§ **Assignment**
This task calls for copying every line in the data below that contains the word "greeting".

§ **Exercise data**
= = = = =

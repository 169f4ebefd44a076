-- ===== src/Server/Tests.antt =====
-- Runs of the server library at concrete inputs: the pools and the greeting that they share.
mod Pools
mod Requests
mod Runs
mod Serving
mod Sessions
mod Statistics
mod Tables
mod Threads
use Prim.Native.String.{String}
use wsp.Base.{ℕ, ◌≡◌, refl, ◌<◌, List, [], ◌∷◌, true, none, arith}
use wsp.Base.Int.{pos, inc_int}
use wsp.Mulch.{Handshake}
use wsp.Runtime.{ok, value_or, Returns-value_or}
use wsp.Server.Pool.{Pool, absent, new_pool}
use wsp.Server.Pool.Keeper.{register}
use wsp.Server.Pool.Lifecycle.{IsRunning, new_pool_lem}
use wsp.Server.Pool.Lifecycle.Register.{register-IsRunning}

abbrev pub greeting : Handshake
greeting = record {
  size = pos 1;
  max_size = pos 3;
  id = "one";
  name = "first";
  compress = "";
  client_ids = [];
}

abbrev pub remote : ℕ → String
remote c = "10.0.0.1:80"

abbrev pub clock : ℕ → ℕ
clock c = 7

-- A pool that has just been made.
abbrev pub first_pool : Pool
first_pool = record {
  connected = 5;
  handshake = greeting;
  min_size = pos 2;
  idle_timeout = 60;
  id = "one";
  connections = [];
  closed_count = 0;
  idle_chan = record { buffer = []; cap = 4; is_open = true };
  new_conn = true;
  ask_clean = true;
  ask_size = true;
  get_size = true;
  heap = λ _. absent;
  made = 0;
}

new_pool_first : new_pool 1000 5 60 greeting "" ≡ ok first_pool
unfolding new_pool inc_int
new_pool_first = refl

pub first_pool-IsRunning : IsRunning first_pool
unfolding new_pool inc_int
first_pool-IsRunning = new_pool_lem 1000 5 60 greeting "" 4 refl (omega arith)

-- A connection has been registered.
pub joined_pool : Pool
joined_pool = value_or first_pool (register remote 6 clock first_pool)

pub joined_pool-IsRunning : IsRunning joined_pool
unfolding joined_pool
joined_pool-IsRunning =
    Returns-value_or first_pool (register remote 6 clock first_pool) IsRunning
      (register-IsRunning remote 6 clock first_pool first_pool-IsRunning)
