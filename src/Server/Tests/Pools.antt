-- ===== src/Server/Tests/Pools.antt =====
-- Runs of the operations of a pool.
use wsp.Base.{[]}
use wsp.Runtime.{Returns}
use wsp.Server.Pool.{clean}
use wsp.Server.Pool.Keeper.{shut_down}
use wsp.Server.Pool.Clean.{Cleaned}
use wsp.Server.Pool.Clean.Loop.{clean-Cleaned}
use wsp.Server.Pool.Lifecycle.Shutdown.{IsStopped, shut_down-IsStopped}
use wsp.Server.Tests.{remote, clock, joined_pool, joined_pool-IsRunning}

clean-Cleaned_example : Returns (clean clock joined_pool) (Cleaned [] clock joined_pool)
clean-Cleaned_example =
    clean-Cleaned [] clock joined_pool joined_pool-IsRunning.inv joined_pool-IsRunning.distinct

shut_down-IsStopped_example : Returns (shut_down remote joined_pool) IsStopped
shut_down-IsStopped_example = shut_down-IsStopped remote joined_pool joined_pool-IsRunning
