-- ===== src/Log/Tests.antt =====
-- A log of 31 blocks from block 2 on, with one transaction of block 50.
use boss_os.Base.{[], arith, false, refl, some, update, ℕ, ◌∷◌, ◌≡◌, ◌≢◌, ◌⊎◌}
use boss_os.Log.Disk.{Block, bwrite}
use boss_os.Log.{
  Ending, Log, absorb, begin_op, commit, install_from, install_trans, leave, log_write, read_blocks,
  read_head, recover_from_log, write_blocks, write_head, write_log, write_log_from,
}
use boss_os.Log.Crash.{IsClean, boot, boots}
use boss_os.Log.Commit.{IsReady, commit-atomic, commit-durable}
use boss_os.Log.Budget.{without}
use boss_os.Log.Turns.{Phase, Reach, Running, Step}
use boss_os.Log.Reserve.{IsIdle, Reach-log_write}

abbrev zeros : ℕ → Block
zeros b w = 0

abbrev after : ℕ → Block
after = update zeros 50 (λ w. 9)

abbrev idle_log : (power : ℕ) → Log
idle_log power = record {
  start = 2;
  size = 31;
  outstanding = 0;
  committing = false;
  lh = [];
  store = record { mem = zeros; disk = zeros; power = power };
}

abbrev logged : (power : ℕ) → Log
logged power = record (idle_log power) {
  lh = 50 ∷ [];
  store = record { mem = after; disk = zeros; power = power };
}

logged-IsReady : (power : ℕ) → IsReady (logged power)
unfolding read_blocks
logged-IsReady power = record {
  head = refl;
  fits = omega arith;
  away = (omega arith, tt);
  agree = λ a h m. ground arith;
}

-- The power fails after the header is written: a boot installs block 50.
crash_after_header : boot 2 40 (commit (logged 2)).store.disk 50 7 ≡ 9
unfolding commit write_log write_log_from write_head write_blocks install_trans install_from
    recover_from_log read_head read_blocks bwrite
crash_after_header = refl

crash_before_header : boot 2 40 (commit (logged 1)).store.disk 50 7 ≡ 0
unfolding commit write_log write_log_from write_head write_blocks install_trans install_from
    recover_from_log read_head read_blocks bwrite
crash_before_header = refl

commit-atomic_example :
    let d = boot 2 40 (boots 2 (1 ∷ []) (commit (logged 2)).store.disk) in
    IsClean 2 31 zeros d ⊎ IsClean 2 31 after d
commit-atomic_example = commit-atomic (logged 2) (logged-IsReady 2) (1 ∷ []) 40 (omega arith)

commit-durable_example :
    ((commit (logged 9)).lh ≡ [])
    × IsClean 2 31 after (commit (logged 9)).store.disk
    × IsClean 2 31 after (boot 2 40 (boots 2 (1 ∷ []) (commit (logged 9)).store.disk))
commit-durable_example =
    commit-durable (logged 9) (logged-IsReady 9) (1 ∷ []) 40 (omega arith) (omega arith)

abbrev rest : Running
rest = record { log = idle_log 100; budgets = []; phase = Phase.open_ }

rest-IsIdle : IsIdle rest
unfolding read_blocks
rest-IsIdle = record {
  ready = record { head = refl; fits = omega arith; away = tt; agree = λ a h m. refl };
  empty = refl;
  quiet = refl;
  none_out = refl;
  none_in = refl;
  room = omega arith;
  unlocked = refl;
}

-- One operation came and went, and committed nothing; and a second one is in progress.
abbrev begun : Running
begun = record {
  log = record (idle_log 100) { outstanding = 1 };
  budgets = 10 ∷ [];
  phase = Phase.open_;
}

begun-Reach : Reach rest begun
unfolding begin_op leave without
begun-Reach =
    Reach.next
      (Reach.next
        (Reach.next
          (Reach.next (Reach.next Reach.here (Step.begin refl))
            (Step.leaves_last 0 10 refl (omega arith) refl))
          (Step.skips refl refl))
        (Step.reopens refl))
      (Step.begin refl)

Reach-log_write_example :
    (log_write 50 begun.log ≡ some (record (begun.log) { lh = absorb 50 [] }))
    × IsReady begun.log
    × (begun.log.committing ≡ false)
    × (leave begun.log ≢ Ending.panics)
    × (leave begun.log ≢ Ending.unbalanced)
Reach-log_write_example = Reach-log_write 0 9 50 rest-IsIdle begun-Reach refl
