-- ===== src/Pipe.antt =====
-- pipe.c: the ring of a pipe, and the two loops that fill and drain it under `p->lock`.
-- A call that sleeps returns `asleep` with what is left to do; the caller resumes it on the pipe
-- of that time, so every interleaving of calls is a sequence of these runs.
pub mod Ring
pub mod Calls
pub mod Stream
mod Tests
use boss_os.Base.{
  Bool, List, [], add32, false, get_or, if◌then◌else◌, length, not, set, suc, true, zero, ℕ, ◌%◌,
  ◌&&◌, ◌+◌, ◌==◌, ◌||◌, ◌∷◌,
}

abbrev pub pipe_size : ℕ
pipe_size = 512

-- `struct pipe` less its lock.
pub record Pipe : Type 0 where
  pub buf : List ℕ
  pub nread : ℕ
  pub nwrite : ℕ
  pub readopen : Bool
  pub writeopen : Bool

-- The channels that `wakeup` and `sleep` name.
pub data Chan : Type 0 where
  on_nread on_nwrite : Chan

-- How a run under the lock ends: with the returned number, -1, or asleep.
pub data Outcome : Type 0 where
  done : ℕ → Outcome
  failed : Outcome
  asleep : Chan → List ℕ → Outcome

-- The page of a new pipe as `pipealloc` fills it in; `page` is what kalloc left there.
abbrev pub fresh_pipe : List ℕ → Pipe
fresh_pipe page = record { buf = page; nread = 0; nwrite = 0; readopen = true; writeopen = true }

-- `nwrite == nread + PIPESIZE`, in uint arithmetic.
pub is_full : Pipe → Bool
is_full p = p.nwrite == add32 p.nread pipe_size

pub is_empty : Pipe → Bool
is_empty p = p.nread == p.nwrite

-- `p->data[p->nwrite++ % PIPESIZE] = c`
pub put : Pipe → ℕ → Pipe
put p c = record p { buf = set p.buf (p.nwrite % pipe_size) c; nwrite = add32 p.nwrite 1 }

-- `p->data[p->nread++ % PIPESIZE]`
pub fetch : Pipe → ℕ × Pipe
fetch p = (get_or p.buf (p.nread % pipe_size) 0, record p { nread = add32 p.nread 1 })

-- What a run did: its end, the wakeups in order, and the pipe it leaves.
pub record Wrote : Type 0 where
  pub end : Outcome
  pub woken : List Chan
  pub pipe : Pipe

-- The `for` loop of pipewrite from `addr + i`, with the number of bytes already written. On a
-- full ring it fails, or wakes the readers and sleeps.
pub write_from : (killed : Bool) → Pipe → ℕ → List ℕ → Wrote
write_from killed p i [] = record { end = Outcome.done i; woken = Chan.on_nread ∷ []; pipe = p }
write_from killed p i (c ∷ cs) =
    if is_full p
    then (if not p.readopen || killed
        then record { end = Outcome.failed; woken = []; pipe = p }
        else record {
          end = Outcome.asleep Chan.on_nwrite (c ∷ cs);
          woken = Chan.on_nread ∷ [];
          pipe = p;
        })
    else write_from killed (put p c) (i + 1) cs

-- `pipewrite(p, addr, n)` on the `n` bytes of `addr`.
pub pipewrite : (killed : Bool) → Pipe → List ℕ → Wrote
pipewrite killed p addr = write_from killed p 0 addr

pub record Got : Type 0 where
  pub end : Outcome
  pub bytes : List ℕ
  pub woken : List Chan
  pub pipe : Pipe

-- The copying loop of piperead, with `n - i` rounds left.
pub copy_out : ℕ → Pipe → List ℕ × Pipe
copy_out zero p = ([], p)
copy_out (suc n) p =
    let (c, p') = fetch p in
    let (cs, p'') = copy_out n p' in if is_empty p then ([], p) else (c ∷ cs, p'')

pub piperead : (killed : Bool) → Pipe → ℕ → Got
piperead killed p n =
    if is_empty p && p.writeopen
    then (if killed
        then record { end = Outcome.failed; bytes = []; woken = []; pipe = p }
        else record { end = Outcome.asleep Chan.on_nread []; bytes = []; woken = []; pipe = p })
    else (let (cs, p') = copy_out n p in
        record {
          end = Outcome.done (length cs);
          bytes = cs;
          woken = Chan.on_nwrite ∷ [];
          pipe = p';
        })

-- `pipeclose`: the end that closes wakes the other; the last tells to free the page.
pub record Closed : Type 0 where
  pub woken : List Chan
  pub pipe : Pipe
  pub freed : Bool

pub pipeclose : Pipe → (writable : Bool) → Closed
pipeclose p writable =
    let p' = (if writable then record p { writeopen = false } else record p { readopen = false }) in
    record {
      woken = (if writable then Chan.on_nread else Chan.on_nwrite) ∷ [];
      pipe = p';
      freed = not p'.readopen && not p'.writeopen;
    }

= = = = =

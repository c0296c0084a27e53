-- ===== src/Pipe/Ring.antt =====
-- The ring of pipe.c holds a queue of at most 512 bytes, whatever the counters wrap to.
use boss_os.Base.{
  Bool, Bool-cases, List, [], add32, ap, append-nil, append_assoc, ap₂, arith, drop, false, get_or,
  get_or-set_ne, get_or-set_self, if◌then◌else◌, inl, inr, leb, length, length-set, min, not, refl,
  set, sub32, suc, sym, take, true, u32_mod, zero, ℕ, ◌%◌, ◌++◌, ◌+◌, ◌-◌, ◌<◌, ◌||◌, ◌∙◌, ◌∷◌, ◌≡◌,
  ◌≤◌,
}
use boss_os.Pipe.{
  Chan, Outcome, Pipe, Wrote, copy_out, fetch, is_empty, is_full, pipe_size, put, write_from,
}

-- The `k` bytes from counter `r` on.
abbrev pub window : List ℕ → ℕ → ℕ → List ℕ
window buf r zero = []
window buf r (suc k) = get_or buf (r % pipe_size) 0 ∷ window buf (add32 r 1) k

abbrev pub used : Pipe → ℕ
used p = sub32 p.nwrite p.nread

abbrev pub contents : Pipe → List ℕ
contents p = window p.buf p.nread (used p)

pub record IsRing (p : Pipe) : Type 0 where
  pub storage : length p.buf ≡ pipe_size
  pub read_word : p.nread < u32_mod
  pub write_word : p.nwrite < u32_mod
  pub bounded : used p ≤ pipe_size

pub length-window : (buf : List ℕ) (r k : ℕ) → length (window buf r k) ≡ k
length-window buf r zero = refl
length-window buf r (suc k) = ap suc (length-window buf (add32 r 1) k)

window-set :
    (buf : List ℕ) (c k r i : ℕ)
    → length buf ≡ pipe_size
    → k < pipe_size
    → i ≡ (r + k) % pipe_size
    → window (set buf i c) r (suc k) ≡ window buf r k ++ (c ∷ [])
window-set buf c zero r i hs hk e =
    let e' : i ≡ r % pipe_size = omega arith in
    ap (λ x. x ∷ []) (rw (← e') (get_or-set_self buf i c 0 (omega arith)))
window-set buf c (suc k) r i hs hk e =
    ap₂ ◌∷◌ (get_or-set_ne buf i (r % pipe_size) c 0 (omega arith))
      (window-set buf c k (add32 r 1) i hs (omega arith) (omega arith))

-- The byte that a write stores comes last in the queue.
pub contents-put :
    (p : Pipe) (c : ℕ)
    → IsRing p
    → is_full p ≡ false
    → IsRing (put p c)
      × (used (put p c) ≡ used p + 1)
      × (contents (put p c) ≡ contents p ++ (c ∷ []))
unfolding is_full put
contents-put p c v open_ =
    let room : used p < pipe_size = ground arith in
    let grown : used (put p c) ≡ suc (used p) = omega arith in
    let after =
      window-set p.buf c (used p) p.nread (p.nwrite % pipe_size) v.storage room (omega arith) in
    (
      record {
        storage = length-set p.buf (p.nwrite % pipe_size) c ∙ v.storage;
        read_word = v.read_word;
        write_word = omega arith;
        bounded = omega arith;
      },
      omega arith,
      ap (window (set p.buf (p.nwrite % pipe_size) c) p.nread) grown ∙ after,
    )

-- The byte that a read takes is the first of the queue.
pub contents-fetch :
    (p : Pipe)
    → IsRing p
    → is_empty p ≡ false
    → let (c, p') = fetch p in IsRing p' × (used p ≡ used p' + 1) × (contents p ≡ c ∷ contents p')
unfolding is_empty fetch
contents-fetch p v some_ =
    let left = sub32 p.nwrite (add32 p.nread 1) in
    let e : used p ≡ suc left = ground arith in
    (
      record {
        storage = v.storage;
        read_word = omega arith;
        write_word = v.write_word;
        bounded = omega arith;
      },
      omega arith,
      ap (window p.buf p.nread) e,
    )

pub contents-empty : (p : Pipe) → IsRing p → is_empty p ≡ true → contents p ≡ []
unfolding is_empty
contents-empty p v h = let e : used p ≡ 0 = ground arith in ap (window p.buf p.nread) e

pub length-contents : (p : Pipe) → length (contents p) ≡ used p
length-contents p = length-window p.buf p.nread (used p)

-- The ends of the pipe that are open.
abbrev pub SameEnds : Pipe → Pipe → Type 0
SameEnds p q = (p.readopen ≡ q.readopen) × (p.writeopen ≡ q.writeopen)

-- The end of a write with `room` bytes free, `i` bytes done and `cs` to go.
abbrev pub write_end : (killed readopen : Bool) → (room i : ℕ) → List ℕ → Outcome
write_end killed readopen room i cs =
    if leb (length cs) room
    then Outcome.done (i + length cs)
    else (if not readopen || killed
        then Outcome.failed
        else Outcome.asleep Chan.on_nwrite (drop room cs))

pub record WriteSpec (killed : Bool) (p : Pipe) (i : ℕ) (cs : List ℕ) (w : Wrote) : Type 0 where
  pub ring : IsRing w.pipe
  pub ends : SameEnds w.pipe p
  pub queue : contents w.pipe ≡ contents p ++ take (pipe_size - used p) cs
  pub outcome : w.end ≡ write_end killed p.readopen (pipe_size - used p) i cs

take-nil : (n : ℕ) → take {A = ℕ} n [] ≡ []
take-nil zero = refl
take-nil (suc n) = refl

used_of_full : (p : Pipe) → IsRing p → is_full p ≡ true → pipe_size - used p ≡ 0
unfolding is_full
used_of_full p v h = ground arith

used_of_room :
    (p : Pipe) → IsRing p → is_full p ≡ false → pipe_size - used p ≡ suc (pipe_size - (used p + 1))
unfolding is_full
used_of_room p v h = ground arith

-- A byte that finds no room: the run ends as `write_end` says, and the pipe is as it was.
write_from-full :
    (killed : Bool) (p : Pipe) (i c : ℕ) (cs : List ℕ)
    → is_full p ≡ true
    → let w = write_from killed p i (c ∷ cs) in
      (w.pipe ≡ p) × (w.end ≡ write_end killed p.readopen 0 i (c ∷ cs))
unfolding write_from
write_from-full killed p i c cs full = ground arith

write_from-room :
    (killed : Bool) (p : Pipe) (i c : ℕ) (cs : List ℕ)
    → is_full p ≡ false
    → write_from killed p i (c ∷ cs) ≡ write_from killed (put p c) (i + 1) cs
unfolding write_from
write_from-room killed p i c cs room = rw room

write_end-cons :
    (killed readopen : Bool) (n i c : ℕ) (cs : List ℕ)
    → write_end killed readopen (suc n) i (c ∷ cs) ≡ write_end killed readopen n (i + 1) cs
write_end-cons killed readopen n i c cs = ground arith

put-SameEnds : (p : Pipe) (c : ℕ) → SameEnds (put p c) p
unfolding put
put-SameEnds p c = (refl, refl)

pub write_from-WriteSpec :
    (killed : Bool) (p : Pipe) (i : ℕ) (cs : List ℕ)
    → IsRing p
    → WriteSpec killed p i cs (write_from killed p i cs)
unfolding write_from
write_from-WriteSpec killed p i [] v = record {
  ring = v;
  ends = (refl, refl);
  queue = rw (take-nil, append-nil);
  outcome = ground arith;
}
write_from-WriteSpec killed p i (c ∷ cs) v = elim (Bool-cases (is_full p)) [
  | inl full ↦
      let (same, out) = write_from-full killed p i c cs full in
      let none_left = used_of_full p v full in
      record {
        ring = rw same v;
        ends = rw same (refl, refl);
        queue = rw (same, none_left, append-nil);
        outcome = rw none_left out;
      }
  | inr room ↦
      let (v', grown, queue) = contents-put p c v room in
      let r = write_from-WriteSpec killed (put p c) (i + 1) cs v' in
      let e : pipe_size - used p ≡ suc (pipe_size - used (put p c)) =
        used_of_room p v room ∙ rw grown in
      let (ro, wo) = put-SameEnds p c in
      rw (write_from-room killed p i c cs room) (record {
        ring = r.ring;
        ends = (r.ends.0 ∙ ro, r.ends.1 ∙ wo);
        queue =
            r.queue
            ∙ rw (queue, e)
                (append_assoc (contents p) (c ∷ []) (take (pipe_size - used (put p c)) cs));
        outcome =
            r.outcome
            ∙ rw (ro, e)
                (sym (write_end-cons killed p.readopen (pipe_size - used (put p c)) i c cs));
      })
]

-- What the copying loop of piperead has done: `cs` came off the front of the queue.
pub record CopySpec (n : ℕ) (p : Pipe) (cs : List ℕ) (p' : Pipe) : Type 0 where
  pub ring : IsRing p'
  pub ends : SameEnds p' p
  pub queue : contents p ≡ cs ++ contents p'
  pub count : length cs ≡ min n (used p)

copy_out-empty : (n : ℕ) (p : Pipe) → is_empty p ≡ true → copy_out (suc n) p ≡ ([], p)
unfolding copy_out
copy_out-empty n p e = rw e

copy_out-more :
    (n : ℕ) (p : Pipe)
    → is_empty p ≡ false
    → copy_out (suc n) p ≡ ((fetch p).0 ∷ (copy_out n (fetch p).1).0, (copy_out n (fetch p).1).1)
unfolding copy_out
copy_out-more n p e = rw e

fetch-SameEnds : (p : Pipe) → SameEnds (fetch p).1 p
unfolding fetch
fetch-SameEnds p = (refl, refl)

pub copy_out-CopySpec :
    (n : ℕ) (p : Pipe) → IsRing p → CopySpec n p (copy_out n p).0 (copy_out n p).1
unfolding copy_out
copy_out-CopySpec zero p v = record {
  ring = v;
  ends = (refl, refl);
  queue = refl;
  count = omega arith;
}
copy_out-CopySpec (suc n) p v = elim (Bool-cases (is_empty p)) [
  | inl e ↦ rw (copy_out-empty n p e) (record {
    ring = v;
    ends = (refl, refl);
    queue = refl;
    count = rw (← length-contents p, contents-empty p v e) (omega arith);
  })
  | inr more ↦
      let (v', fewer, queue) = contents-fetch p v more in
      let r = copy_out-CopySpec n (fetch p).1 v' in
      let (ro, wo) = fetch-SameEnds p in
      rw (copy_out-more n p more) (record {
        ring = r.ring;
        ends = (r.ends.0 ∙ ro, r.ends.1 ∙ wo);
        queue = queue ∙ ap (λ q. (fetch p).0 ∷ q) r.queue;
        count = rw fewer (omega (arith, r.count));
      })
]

= = = = =

§ **Response below**
-- Runs of the server library at concrete inputs: the pools and the greeting that they share.
abbrev pub greeting : Handshake
greeting = record {
  handshake = greeting;
new_pool_first : new_pool 1000 5 60 greeting "" ≡ ok first_pool
first_pool-IsRunning = new_pool_lem 1000 5 60 greeting "" 4 refl (omega arith)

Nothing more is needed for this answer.